В этой истории все совершают постыдные поступки: и те, кто рубит эту программу, и Пархоменко, который этому радуется. Потому что, если бы удалось наладить какое-то адекватное государственно-общественное партнерство в коммеморации, получилось бы здорово. А так программу как бы реанимировали в 2015 году, но составляющая общественного партнерства уже была утеряна. В результате количество денег, собранных обществом на памятник на проспекте Сахарова, оказалось мизерным. Это не стало памятником, который общество строило вместе с государством. А это ведь именно так и должно было быть. То есть прошлое — это площадка, на которой можно поругаться — это мы умеем очень хорошо, — или площадка, на которой можно как-то в чем-то сойтись. Но этого мы не умеем.
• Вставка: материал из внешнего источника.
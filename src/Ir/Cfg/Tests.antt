-- ===== src/Ir/Cfg/Tests.antt =====
-- A function with a loop, a jump and a `try` (scanner/src/aegify/ir/program_graph.py), and its theorems
-- at it.
use aegify.Base.{ℕ, ◌≡◌, ◌≢◌, refl, String, none, some, List, [], ◌∷◌, map, Member, codes}
use aegify.Ir.Cfg.Nodes.{Node, node, Children, no_child, child}
use aegify.Ir.Cfg.Statements.{annotate, body_statements}
use aegify.Ir.Cfg.Graph.{
  Role, function_part, Facts, no_facts, CfgEdge, add_node, add_edge, add_join, link_tails,
  join_tails, join_nodes,
}
use aegify.Ir.Cfg.Emit.{
  build_function, prepare, emit_sequence, enter, emit_simple, emit_jump, emit_terminal,
  emit_entries, emit_no_match, emit_uncaught, add_finally_entry, finish_finally,
}
use aegify.Ir.Cfg.Exit.{Reaches, empty_graph, build_function-Reaches}

abbrev leaf : String → ℕ → Node
leaf kind at =
    node (record { kind = kind; start_byte = at; first_row = at; last_row = at; text = codes kind })
      no_child

abbrev tree : String → ℕ → Children → Node
tree kind at cs =
    node (record { kind = kind; start_byte = at; first_row = at; last_row = at; text = codes kind })
      cs

-- while (a) { try { b; break } finally { c } } return
abbrev function : Node
function = tree "function_definition" 0 (
    child (some "body")
      (tree "block" 1 (
        child none
          (tree "while_statement" 2 (
            child (some "condition") (leaf "identifier" 3) (
              child (some "body")
                (tree "block" 4 (
                  child none
                    (tree "try_statement" 5 (
                      child (some "body")
                        (tree "block" 6 (
                          child none (leaf "expression_statement" 7)
                            (child none (leaf "break_statement" 8) no_child)))
                        (child none
                          (tree "finally_clause" 9 (
                            child none (tree "block" 10 (child none (leaf "call" 11) no_child))
                              no_child))
                          no_child)))
                    no_child))
                no_child)))
          (child none (leaf "return_statement" 12) no_child)))
      no_child)

abbrev data_facts : List ℕ → Facts
data_facts text = no_facts

abbrev shown : CfgEdge → ℕ × ℕ × String
shown e = (e.source.start_byte, e.target.start_byte, e.kind)

edges :
    map shown (build_function data_facts [] function empty_graph).edges
    ≡ (0, 0, "declared-in")
      ∷ (0, 0, "declares")
      ∷ (0, 0, "contains")
      ∷ (0, 2, "contains")
      ∷ (0, 2, "next")
      ∷ (2, 2, "false")
      ∷ (0, 5, "contains")
      ∷ (2, 5, "true")
      ∷ (0, 7, "contains")
      ∷ (5, 7, "try")
      ∷ (0, 8, "contains")
      ∷ (7, 8, "next")
      ∷ (8, 2, "break")
      ∷ (7, 5, "uncaught-exception")
      ∷ (8, 5, "uncaught-exception")
      ∷ (0, 11, "contains")
      ∷ (5, 11, "finally-body")
      ∷ (11, 5, "finally-complete")
      ∷ (11, 0, "finally-resume-terminal")
      ∷ (5, 2, "loop-back")
      ∷ (0, 12, "contains")
      ∷ (2, 12, "next")
      ∷ (12, 0, "terminal")
      ∷ []
unfolding build_function prepare body_statements annotate emit_sequence enter emit_simple emit_jump
    emit_terminal emit_entries emit_no_match emit_uncaught add_finally_entry finish_finally add_node
    add_edge add_join link_tails join_tails join_nodes
edges = refl

build_function-Reaches_example :
    Reaches
      (build_function data_facts [] function empty_graph)
      (function_part Role.exit)
      (function_part Role.entry)
    × ((e : CfgEdge)
        → Member e (build_function data_facts [] function empty_graph).edges
        → e.overlay ≢ "semantic"
        → Reaches
            (build_function data_facts [] function empty_graph)
            (function_part Role.exit)
            e.target)
build_function-Reaches_example = build_function-Reaches data_facts [] function
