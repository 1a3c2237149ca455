-- ===== src/Ir/Dataflow.antt =====
-- scanner/src/aegify/ir/program_graph.py: reaching definitions (`_build_data_overlays`).
pub mod Definitions
pub mod Sets
pub mod Rounds
pub mod Reaching
mod Tests
pub mod Overlays
pub mod Edges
Задача власти, как она ее понимает, — не провести какую-то единую линию интерпретации прошлого, а контролировать «поляну», условно говоря. Контролировать публичный дискурс. Если в центре этого публичного дискурса Российское военно-историческое общество будет ругаться с Российским историческим обществом, то это прекрасно, считает государство. Они между собой ругаются, все смотрят, мы контролируем. Мы ругаемся понарошку. Власть — это инстинктивная вещь. Когда люди стали демонстрировать скорбь, связанную с Кемеровом, власть не была против демонстрации скорби: она была против несанкционированной демонстрации скорби. Как же это: демонстрация скорби — без нас? Поэтому мы организуем место, куда надо принести цветочки, мы организуем место, где поставить свечку. Это мы должны сделать. Вот это стремление власти контролировать дискурс — оно инстинктивное, оно типичное, и это вовсе не только российский феномен. Обращаю ваше внимание, например, что два из трех прибалтийских музеев оккупации или геноцида были частными изначально. А теперь они все — государственные. Почему? Как так случилось? То есть это стремление власти самой определять повестку дня.
И в этом смысле, поскольку мы умеем ругаться и не умеем договариваться между собой, очень показательно то, что случилось в 2017 году. Я считаю, что власть сработала очень эффективно. У нее вообще не было никакого послания обществу. Путин свое отношение к революции высказал: революция — это плохо, это всегда плохо. Он порассуждал, какое положительное действие Октябрьская революция и то, что за ней следовало, оказали на страны Запада, где появилась сильная социал-демократия. Но Россия от этого ничего не выиграла. И это он сказал как частное лицо, это не было официальным выступлением президента. А дальше было сказано: хорошо, пожалуйста, конференцию хотите — проводите свою конференцию, книжку хотите издать — издавайте свою книжку. Государство фактически не участвовало. Были выделены какие-то деньги, было сказано, что конференции можно, выставки в музеях можно. Как, что вы сделаете — ваше дело.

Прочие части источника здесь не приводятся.